One big tool that was taught to me early in my career was to take the computer calculation and chart the water flow from the sprinkler to the source and account for all the pressure losses. Start pressure, elevation, backflow, and each pipe type as a separate line item. It helped with finding errors, but helped with efficiency.
When changes needed to be made, you could target the right piece. You could see if the K factor was wrong based on the start pressure. You could see if your lines were too small, or if your riser could be reduced in size without blowing up the calc. Right sizing reduces wasted water and lowers friction loss, too. Not just upsizing.
This would all be tabulated, by hand, on the computer print out and given to the design manager to check.
In addition to the bullet points above,
In warehouses I often see designers try to run grids at lengths between 150' to excess of 200' between the feed main and the float main for the overhead system. Not realizing the addition of a third leg in the middle can cut down the pressure losses through the branchline pipe over such a long runs. The thought is the savings of not having to run the additional third leg is saving money in labor and material. However, if the system is designed to where there is not a large amount of transfer lines from main to main then a third leg would be a viable option. With a third leg you could possibly reduce the feed main or riser stacks, or just all of the branchlines.
General thoughts:
Try and get water supply information any way possible during prebid. DO NOT ASSUME water supply on bid drawings is what will be provided. If its not available or unreliable take caution in proceeding with any preliminary bid design! I have seen companies try to force an owner to pay for a booster pump after they design the job and it doesn't work because they decided to get an accurate flow test after the fact.
Invest in educating designers or yourself in being able to do the hand math of basic hydraulic calculations. Do not just rely on software hoping that it will help the calcs work. Remember garbage in garbage out rule.
If possible invest in a quality hydraulic software program that really allows you to massage a design effectively, efficiently, and relatively quickly. High quality design programs do an excellent job at making this easier for those that know what they are doing when they use it.

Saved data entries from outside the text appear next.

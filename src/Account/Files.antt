-- ===== src/Account/Files.antt =====
-- Uploaded files: `sanitize_filename` of core/security.rs, `file_extension`, `store_uploaded_bytes`
-- and `public_file_url` of services/user.rs, and `upload_is_live` of services/messaging.rs. The
-- upload directory is a map from the names of its files to their bytes.
pub mod Safety
use lqxp.Common.{
  ℕ, ◌+◌, ◌-◌, ◌*◌, ◌/◌, ◌^◌, ◌<◌, Bool, false, ◌&&◌, ◌||◌, not, Option, none, some, List, [], ◌∷◌,
  ◌++◌, map, ltb, nat_beq, if◌then◌else◌, ◌==◌, length, is_empty, filter, any, Assoc, values,
  insert, Text, text, split, ApiError, forbidden, internal, Exec, pure, raise, text_Eq,
}
use Prim.Native.Nat.{min}
use lqxp.Common.Chars.{chars, concat, take_chars, strip_prefix}
use lqxp.Chat.Record.{ChatMessageRecord, Attachment}
use lqxp.Room.Record.{StoredFile}
use lqxp.Account.Names.{Unicode}
use lqxp.Account.Images.{strip_image_metadata}

unfoldable pub trim_start_matches : ℕ → Text → Text
trim_start_matches c [] = []
trim_start_matches c (b ∷ s) = if nat_beq b c then trim_start_matches c s else b ∷ s

unfoldable pub trim_end_matches : ℕ → Text → Text
trim_end_matches c [] = []
trim_end_matches c (b ∷ s) =
    let rest = trim_end_matches c s in if nat_beq b c && is_empty rest then [] else b ∷ rest

unfoldable pub trim_matches : ℕ → Text → Text
unfolding trim_start_matches trim_end_matches
trim_matches c s = trim_end_matches c (trim_start_matches c s)

unfoldable pub is_forbidden : ℕ → Bool
unfolding text
is_forbidden b = any (λ c. nat_beq c b) (text "/\\:*?\"<>|")

-- `rsplit('.').next()`
last_part : List Text → Text
last_part [] = []
last_part (p ∷ []) = p
last_part (p ∷ q ∷ ps) = last_part (q ∷ ps)

unfoldable pub last_segment : Text → Text
unfolding last_part
last_segment filename = last_part (split b'.' filename)

module _ (u : Unicode) where
  -- A character beyond ASCII has none of the forbidden bytes.
  unfoldable pub sanitized_char : Text → Text
  unfolding is_forbidden
  sanitized_char ch = if u.is_control ch || any is_forbidden ch then b'_' ∷ [] else ch

  unfoldable pub sanitize_filename : Text → Text → ℕ → Text
  unfolding sanitized_char trim_matches
  sanitize_filename value fallback max_len =
      let mapped = concat (map sanitized_char (chars (u.trim value))) in
      let sanitized = u.trim (trim_matches b'.' mapped) in
      take_chars max_len (if is_empty sanitized then fallback else sanitized)

-- `.filter(|segment| *segment != filename)`
unfoldable pub extension_or : Text → Text → Text
unfolding last_segment
extension_or filename default =
    if last_segment filename == filename then default else last_segment filename

unfoldable pub file_extension : Text → Text → Text
unfolding extension_or text
file_extension file_name mime_type = extension_or file_name (
    if mime_type == text "image/png"
    then text "png"
    else if mime_type == text "image/gif"
    then text "gif"
    else if mime_type == text "image/jpeg"
    then text "jpg"
    else text "bin")

abbrev pub max_upload_storage : ℕ
max_upload_storage = 10 * 1024 * 1024 * 1024

-- The loop over the directory's entries, with the total so far.
unfoldable pub storage_full : ℕ → Assoc Text Text → Bool
storage_full total [] = false
storage_full total ((name, bytes) ∷ entries) =
    let new_total = min (total + length bytes) (2 ^ 64 - 1) in
    ltb max_upload_storage new_total || storage_full new_total entries

starts_with_slash : Text → Bool
starts_with_slash [] = false
starts_with_slash (c ∷ s) = nat_beq c b'/'

unfoldable pub public_file_url : Unicode → Text → Text → Text
unfolding trim_matches trim_end_matches starts_with_slash text
public_file_url u upload_public_base file_id =
    let trimmed = u.trim upload_public_base in
    let base = if is_empty trimmed then text "/uploads" else trimmed in
    (if starts_with_slash base then trim_end_matches b'/' base else b'/' ∷ trim_matches b'/' base)
    ++ b'/' ∷ file_id

-- `uuid` is the fresh identifier.
unfoldable pub stored_file_id : Unicode → Text → Text → Text
unfolding trim_start_matches
stored_file_id u uuid extension =
    if is_empty (u.trim extension)
    then uuid
    else uuid ++ b'.' ∷ trim_start_matches b'.' (u.trim extension)

-- What the environment decides: whether the directory can be read, whether the file can be
-- written, the fresh identifier, and the configured base of the file addresses.
pub record Disk : Type 0 where
  pub listed : Bool
  pub write_ok : Bool
  pub uuid : Text
  pub upload_public_base : Text

abbrev storage_error : ApiError
storage_error = record { status_code = 507; message = "Upload storage full." }

unfoldable pub store_uploaded_bytes :
    Unicode → Disk → Text → Text → Text → Exec (Assoc Text Text) StoredFile
unfolding storage_full stored_file_id public_file_url strip_image_metadata
store_uploaded_bytes u disk extension bytes mime_type uploads =
    let clean_bytes = strip_image_metadata bytes mime_type in
    let file_id = stored_file_id u disk.uuid extension in
    if disk.listed && storage_full 0 uploads
    then raise storage_error uploads
    else if disk.write_ok
    then pure
        (record {
          id = file_id;
          url = public_file_url u disk.upload_public_base file_id;
          size = length clean_bytes;
          mime_type = mime_type;
        })
        (insert file_id clean_bytes uploads)
    else raise internal uploads

names_file : Text → Option Attachment → Bool
names_file file_id none = false
names_file file_id (some att) = att.id == file_id

unfoldable pub shows_file : Text → ChatMessageRecord → Bool
unfolding names_file
shows_file file_id message = not message.deleted && names_file file_id message.attachment

-- `upload_is_live` for a name with no directory in it. The last two arguments are what the queries on
-- profiles and on room icons answer, where a failed query reads as no.
unfoldable pub upload_is_live : Text → Assoc Text (List ChatMessageRecord) → Bool → Bool → Bool
unfolding shows_file
upload_is_live file_id rooms in_profile in_icon =
    any (λ messages. any (shows_file file_id) messages) (values rooms) || (in_profile || in_icon)
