-- ===== src/Account/Files/Safety.antt =====
-- The names under which uploaded files are stored.
use lqxp.Common.{
  ℕ, zero, suc, ◌≡◌, refl, inl, inr, Bool, true, false, ◌&&◌, ◌||◌, not, List, [], ◌∷◌, ◌++◌, map,
  arith, nat_beq, Bool-cases, ◌==◌, is_empty, any, all, Text, text, split, text_Eq,
}
use lqxp.Common.Chars.{chars, concat, take_chars}
use lqxp.Account.Names.{Unicode}
use lqxp.Account.Files.{
  trim_start_matches, trim_end_matches, trim_matches, is_forbidden, last_part, last_segment,
  sanitized_char, sanitize_filename, extension_or, stored_file_id,
}

-- Not one of the nine ASCII characters `/`, `\`, `:`, `*`, `?`, `"`, `<`, `>` and `|`, by their codes.
abbrev pub is_allowed : ℕ → Bool
is_allowed b =
    not (nat_beq b 47)
    && (not (nat_beq b 92)
        && (not (nat_beq b 58)
            && (not (nat_beq b 42)
                && (not (nat_beq b 63)
                    && (not (nat_beq b 34)
                        && (not (nat_beq b 60) && (not (nat_beq b 62) && not (nat_beq b 124))))))))

-- None of the bytes separates directories, or is otherwise barred from a file's name.
abbrev pub is_safe : Text → Bool
is_safe s = all is_allowed s

-- Whatever the program does not take for forbidden is allowed.
unforbidden : (b : ℕ) → is_forbidden b ≡ false → is_allowed b ≡ true
unfolding is_forbidden any text
unforbidden b h = ground arith

safe-append : (s t : Text) → is_safe s ≡ true → is_safe t ≡ true → is_safe (s ++ t) ≡ true
unfolding all
safe-append [] t h k = k
safe-append (b ∷ s) t h k = ground (arith, safe-append s t)

safe-trim_start_matches :
    (c : ℕ) (s : Text) → is_safe s ≡ true → is_safe (trim_start_matches c s) ≡ true
unfolding all trim_start_matches
safe-trim_start_matches c [] h = refl
safe-trim_start_matches c (b ∷ s) h = ground (arith, safe-trim_start_matches c s)

safe-trim_end_matches :
    (c : ℕ) (s : Text) → is_safe s ≡ true → is_safe (trim_end_matches c s) ≡ true
unfolding all trim_end_matches
safe-trim_end_matches c [] h = refl
safe-trim_end_matches c (b ∷ s) h = ground (arith, safe-trim_end_matches c s)

safe-take_chars : (n : ℕ) (s : Text) → is_safe s ≡ true → is_safe (take_chars n s) ≡ true
unfolding all take_chars
safe-take_chars n [] h = refl
safe-take_chars zero (b ∷ s) h = ground (arith, safe-take_chars zero s)
safe-take_chars (suc n) (b ∷ s) h = ground (arith, safe-take_chars n s, safe-take_chars (suc n) s)

-- Every part that a text is split into.
abbrev all_parts : List Text → Bool
all_parts parts = all (λ part. is_safe part) parts

safe_first :
    (b : ℕ) (parts : List Text)
    → is_allowed b ≡ true
    → all_parts parts ≡ true
    → all_parts (elim parts [ [] ↦ (b ∷ []) ∷ [] | part ∷ rest ↦ (b ∷ part) ∷ rest ]) ≡ true
unfolding all
safe_first b [] h k = ground arith
safe_first b (part ∷ rest) h k = ground arith

all_parts-split : (c : ℕ) (s : Text) → is_safe s ≡ true → all_parts (split c s) ≡ true
unfolding all split
all_parts-split c [] h = refl
all_parts-split c (b ∷ s) h = elim (Bool-cases (nat_beq b c)) [
  | inl e ↦ rw (split, e) (all_parts-split c s (ground arith))
  | inr e ↦
      rw (split, e) (safe_first b (split c s) (ground arith) (all_parts-split c s (ground arith)))
]

safe-last_part : (parts : List Text) → all_parts parts ≡ true → is_safe (last_part parts) ≡ true
unfolding all last_part
safe-last_part [] h = refl
safe-last_part (s ∷ []) h = ground arith
safe-last_part (s ∷ t ∷ parts) h = safe-last_part (t ∷ parts) (ground arith)

any_none : (s : Text) → any is_forbidden s ≡ false → is_safe s ≡ true
unfolding any all
any_none [] h = refl
any_none (b ∷ s) h = ground (arith, any_none s, unforbidden b)

underscore : is_safe (b'_' ∷ []) ≡ true
unfolding all text
underscore = refl

file_name_ok : is_safe (text "file") ≡ true
unfolding all text
file_name_ok = refl

dot_ok : is_allowed b'.' ≡ true
dot_ok = refl

module _ (u : Unicode) where
  sanitized_char-is_safe : (ch : Text) → is_safe (sanitized_char u ch) ≡ true
  unfolding sanitized_char
  sanitized_char-is_safe ch = elim (Bool-cases (u.is_control ch || any is_forbidden ch)) [
    | inl h ↦ rw (sanitized_char, h) underscore
    | inr h ↦ rw (sanitized_char, h) (any_none ch (ground arith))
  ]

  mapped-is_safe : (cs : List Text) → is_safe (concat (map (sanitized_char u) cs)) ≡ true
  unfolding concat all
  mapped-is_safe [] = refl
  mapped-is_safe (c ∷ cs) =
      safe-append (sanitized_char u c) (concat (map (sanitized_char u) cs))
        (sanitized_char-is_safe c) (mapped-is_safe cs)

  -- `trim` only takes characters away.
  module _ (trims : (s : Text) → is_safe s ≡ true → is_safe (u.trim s) ≡ true) where
    sanitize_filename-is_safe :
        (value fallback : Text) (max_len : ℕ)
        → is_safe fallback ≡ true
        → is_safe (sanitize_filename u value fallback max_len) ≡ true
    unfolding sanitize_filename trim_matches
    sanitize_filename-is_safe value fallback max_len h =
        let mapped = concat (map (sanitized_char u) (chars (u.trim value))) in
        let trimmed = u.trim (trim_matches b'.' mapped) in
        let inner = trims (trim_matches b'.' mapped) (
          safe-trim_end_matches b'.' (trim_start_matches b'.' mapped)
            (safe-trim_start_matches b'.' mapped (mapped-is_safe (chars (u.trim value))))) in
        elim (Bool-cases (is_empty trimmed)) [
          | inl c ↦ rw (sanitize_filename, c) (safe-take_chars max_len fallback h)
          | inr c ↦ rw (sanitize_filename, c) (safe-take_chars max_len trimmed inner)
        ]

    extension_or-is_safe :
        (filename : Text) → is_safe filename ≡ true → is_safe (extension_or filename []) ≡ true
    unfolding extension_or last_segment all
    extension_or-is_safe filename h =
        let last = safe-last_part (split b'.' filename) (all_parts-split b'.' filename h) in
        elim (Bool-cases (last_part (split b'.' filename) == filename)) [
          | inl c ↦ rw (extension_or, c) refl
          | inr c ↦ rw (extension_or, c) last
        ]

    -- Whatever name is sent: the file of an attachment is stored under a name with
    -- none of `/`, `\`, `:`, `*`, `?`, `"`, `<`, `>` and `|`, so in the upload directory itself,
    -- provided that the fresh identifier has none and that trimming puts none in.
    pub attachment_name_safe :
        (uuid value : Text) (max_len : ℕ)
        → is_safe uuid ≡ true
        → is_safe (
            stored_file_id u uuid
              (extension_or (sanitize_filename u value (text "file") max_len) []))
          ≡ true
    unfolding stored_file_id all
    attachment_name_safe uuid value max_len h =
        let name = sanitize_filename u value (text "file") max_len in
        let ext = extension_or name [] in
        let safe_ext = trims ext (
          extension_or-is_safe name
            (sanitize_filename-is_safe value (text "file") max_len file_name_ok)) in
        elim (Bool-cases (is_empty (u.trim ext))) [
          | inl c ↦ rw (stored_file_id, c) h
          | inr c ↦
              rw (stored_file_id, c)
                (safe-append uuid (b'.' ∷ trim_start_matches b'.' (u.trim ext)) h
                  (ground (arith, dot_ok, safe-trim_start_matches b'.' (u.trim ext) safe_ext)))
        ]
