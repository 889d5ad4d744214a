-- ===== src/Room/Decide.antt =====
-- What each room operation of websocket/protocol.rs does to the record once the room is found: the
-- checks in the order of the handler, and the change. The looked-up target and the fields of the
-- request are arguments.
pub mod Limits
pub mod Authority
pub mod Transfer
pub mod Unmute
use lqxp.Common.{
  ℕ, ◌+◌, ◌-◌, ◌*◌, ◌/◌, ◌≡◌, refl, ◌⊎◌, inl, inr, Bool, true, false, ◌&&◌, not, Option, none, some,
  ltb, leb, if◌then◌else◌, ◌==◌, Assoc, unwrap_or, remove, insert, Text, text, text_Eq,
}
use Prim.Native.String.{String}
use lqxp.Room.Record.{
  RoomRecord, RoomRole, RoomKind, ModeratorPermissions, ModAction, member, moderator,
  sub_administrator, administrator, ban, kick, mute, role_eq, is_admin_role, owned_by, role_in_room,
  count_role, can_moderate, role_from_str,
}

-- The handler goes on, or answers with an error text and stops.
pub data Verdict (A : Type 0) : Type 0 where
  allow : A → Verdict A
  refuse : String → Verdict A

pub Verdict-cases :
    {A : Type 0} (v : Verdict A) → ((e : String) × (v ≡ refuse e)) ⊎ ((a : A) × (v ≡ allow a))
Verdict-cases (refuse e) = inl (e, refl)
Verdict-cases (allow a) = inr (a, refl)

infixl 5 ◌>>=◌ ◌>>◌
abbrev pub ◌>>=◌ : {A B : Type 0} → Verdict A → (A → Verdict B) → Verdict B
allow a >>= f = f a
refuse e >>= f = refuse e

abbrev pub ◌>>◌ : {A B : Type 0} → Verdict A → Verdict B → Verdict B
m >> k = m >>= λ _. k

abbrev pub refuse_if : Bool → String → Verdict (Unit {0})
refuse_if true e = refuse e
refuse_if false e = allow tt

abbrev pub require : {A : Type 0} → Option A → String → Verdict A
require none e = refuse e
require (some a) e = allow a

-- A target's user id and name, or why there is none.
abbrev pub Target : Type 0
Target = Verdict (Text × Text)

abbrev pub max_room_moderators : ℕ
max_room_moderators = 5

abbrev pub max_room_sub_admins : ℕ
max_room_sub_admins = 3

abbrev pub min_timeout_secs : ℕ
min_timeout_secs = 60

abbrev pub max_timeout_secs : ℕ
max_timeout_secs = 604800

assign_role : RoomRole → Text → Assoc Text RoomRole → Assoc Text RoomRole
assign_role member target_id roles = remove target_id roles
assign_role role target_id roles = insert target_id role roles

unfoldable pub set_member_role_in :
    Text → Option RoomRole → Target → RoomRecord → Verdict RoomRecord
unfolding assign_role
set_member_role_in actor_id new_role target room = do
  refuse_if (not (is_admin_role (role_in_room room actor_id)))
      "Only administrators can manage roles"
  role ← require new_role "Invalid role"
  refuse_if (role_eq role administrator) "Use transfer ownership"
  (target_id, _) ← target
  refuse_if (target_id == actor_id) "You cannot change your own role"
  let current_role = role_in_room room target_id
  refuse_if (role_eq current_role administrator) "Cannot change the administrator's role"
  refuse_if
      (role_eq role moderator
        && (not (role_eq current_role moderator)
            && leb max_room_moderators (count_role room moderator)))
      "Moderator limit reached (5 max)"
  refuse_if
      (role_eq role sub_administrator
        && (not (role_eq current_role sub_administrator)
            && leb max_room_sub_admins (count_role room sub_administrator)))
      "Sub-administrator limit reached (3 max)"
  allow (record room { roles = assign_role role target_id room.roles })

unfoldable pub ban_member_in : Text → Target → RoomRecord → Verdict (Text × Text × RoomRecord)
ban_member_in actor_id target room = do
  (target_id, target_name) ← target
  refuse_if (target_id == actor_id) "You cannot target yourself"
  refuse_if (not (can_moderate room (role_in_room room actor_id) (role_in_room room target_id) ban))
      "You are not allowed to ban this member"
  allow (target_id, target_name, record room { banned = insert target_id target_name room.banned })

unfoldable pub unban_member_in : Text → Target → RoomRecord → Verdict RoomRecord
unban_member_in actor_id target room = do
  refuse_if (not (is_admin_role (role_in_room room actor_id))) "You are not allowed to unban"
  (target_id, _) ← target
  allow (record room { banned = remove target_id room.banned })

unfoldable pub kick_member_in : Text → Target → RoomRecord → Verdict (Text × Text)
kick_member_in actor_id target room = do
  (target_id, target_name) ← target
  refuse_if (target_id == actor_id) "You cannot target yourself"
  refuse_if
      (not (can_moderate room (role_in_room room actor_id) (role_in_room room target_id) kick))
      "You are not allowed to kick this member"
  allow (target_id, target_name)

-- `unwrap_or(MIN_TIMEOUT_SECS).clamp(MIN_TIMEOUT_SECS, MAX_TIMEOUT_SECS)`
unfoldable pub timeout_seconds : Option ℕ → ℕ
timeout_seconds duration =
    let s = unwrap_or duration min_timeout_secs in
    if ltb s min_timeout_secs
    then min_timeout_secs
    else if ltb max_timeout_secs s
    then max_timeout_secs
    else s

unfoldable pub timeout_member_in : Text → Target → Option ℕ → ℕ → RoomRecord → Verdict RoomRecord
timeout_member_in actor_id target duration now room = do
  (target_id, _) ← target
  refuse_if (target_id == actor_id) "You cannot target yourself"
  refuse_if
      (not (can_moderate room (role_in_room room actor_id) (role_in_room room target_id) mute))
      "You are not allowed to mute this member"
  allow (record room {
    timeouts = insert target_id (now + timeout_seconds duration * 1000) room.timeouts;
  })

unfoldable pub unmute_member_in : Text → Target → RoomRecord → Verdict RoomRecord
unmute_member_in actor_id target room = do
  (target_id, _) ← target
  refuse_if
      (not (can_moderate room (role_in_room room actor_id) (role_in_room room target_id) mute))
      "You are not allowed to unmute this member"
  allow (record room { timeouts = remove target_id room.timeouts })

unfoldable pub transfer_ownership_in : Text → Target → RoomRecord → Verdict RoomRecord
transfer_ownership_in actor_id target room = do
  refuse_if (not (owned_by room.owner_id actor_id)) "Only the owner can transfer the room"
  (target_id, _) ← target
  let target_role = role_in_room room target_id
  refuse_if (not (role_eq target_role moderator) && not (role_eq target_role sub_administrator))
      "The new owner must be a moderator or sub-administrator"
  refuse_if
      (not (role_eq target_role sub_administrator)
        && leb max_room_sub_admins (count_role room sub_administrator))
      "No sub-administrator slot available for the current owner"
  allow (record room {
    owner_id = some target_id;
    roles = insert actor_id sub_administrator (insert target_id administrator room.roles);
  })

unfoldable pub set_chat_lock_in : Text → Option Bool → RoomRecord → Verdict RoomRecord
set_chat_lock_in actor_id locked room = do
  refuse_if (not (is_admin_role (role_in_room room actor_id)))
      "You are not allowed to change chat mode"
  allow (record room { chat_locked = unwrap_or locked false })

unfoldable pub set_moderator_permissions_in :
    Text → Option ModeratorPermissions → RoomRecord → Verdict RoomRecord
set_moderator_permissions_in actor_id permissions room = do
  refuse_if (not (is_admin_role (role_in_room room actor_id)))
      "Only administrators can configure moderator permissions"
  p ← require permissions "Invalid permissions payload"
  allow (record room { mod_permissions = p })

unfoldable pub set_calls_enabled_in : Text → Option Bool → RoomRecord → Verdict RoomRecord
set_calls_enabled_in actor_id enabled room = do
  refuse_if (not (is_admin_role (role_in_room room actor_id)))
      "You are not allowed to change call mode"
  allow (record room { calls_enabled = unwrap_or enabled true })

There are other items I know that are constant issues, that I will have to add at a later time :)... but for now back to work!
Great topic, and great checklist - I'd be hard-pressed to come up with any more ideas... but I'm going to give I some thought. I was once taught that if you are scraping for every crumb, since you are accounting for the equivalent feet loss in the fittings, don't add the length of the fitting again. Avoid reducing Vics if you have to (IF you even remembered to add the RV loss). I'm finding too many designers take for granted what the computer-generated hydraulic calc or seismic brace calc tells them. Like Brian said above, examine the output data, look for potential improvements, where you are burning-up pressure; where the velocity is hurting you (e.g., second-to-the-last sprinkler on the branch line). Consider looping or bird-caging. Look where you can afford the pressure loss and massage the pipe diameters. Nothing beats the experience of doing hand-calcs, and especially with some design programs doing the calcs, I feel it is becoming a lost art. If your calcs do work, you shouldn't stop and call it good there. You need keep watching for your company's bottom line by considering most efficient in terms of material, fabrication, joining methods, and installation. What makes your company competitive. That isn't always what calcs best. That computer program doesn't know fitter rates, what length you can stuff through the trusses, and it tends to like grooved tees.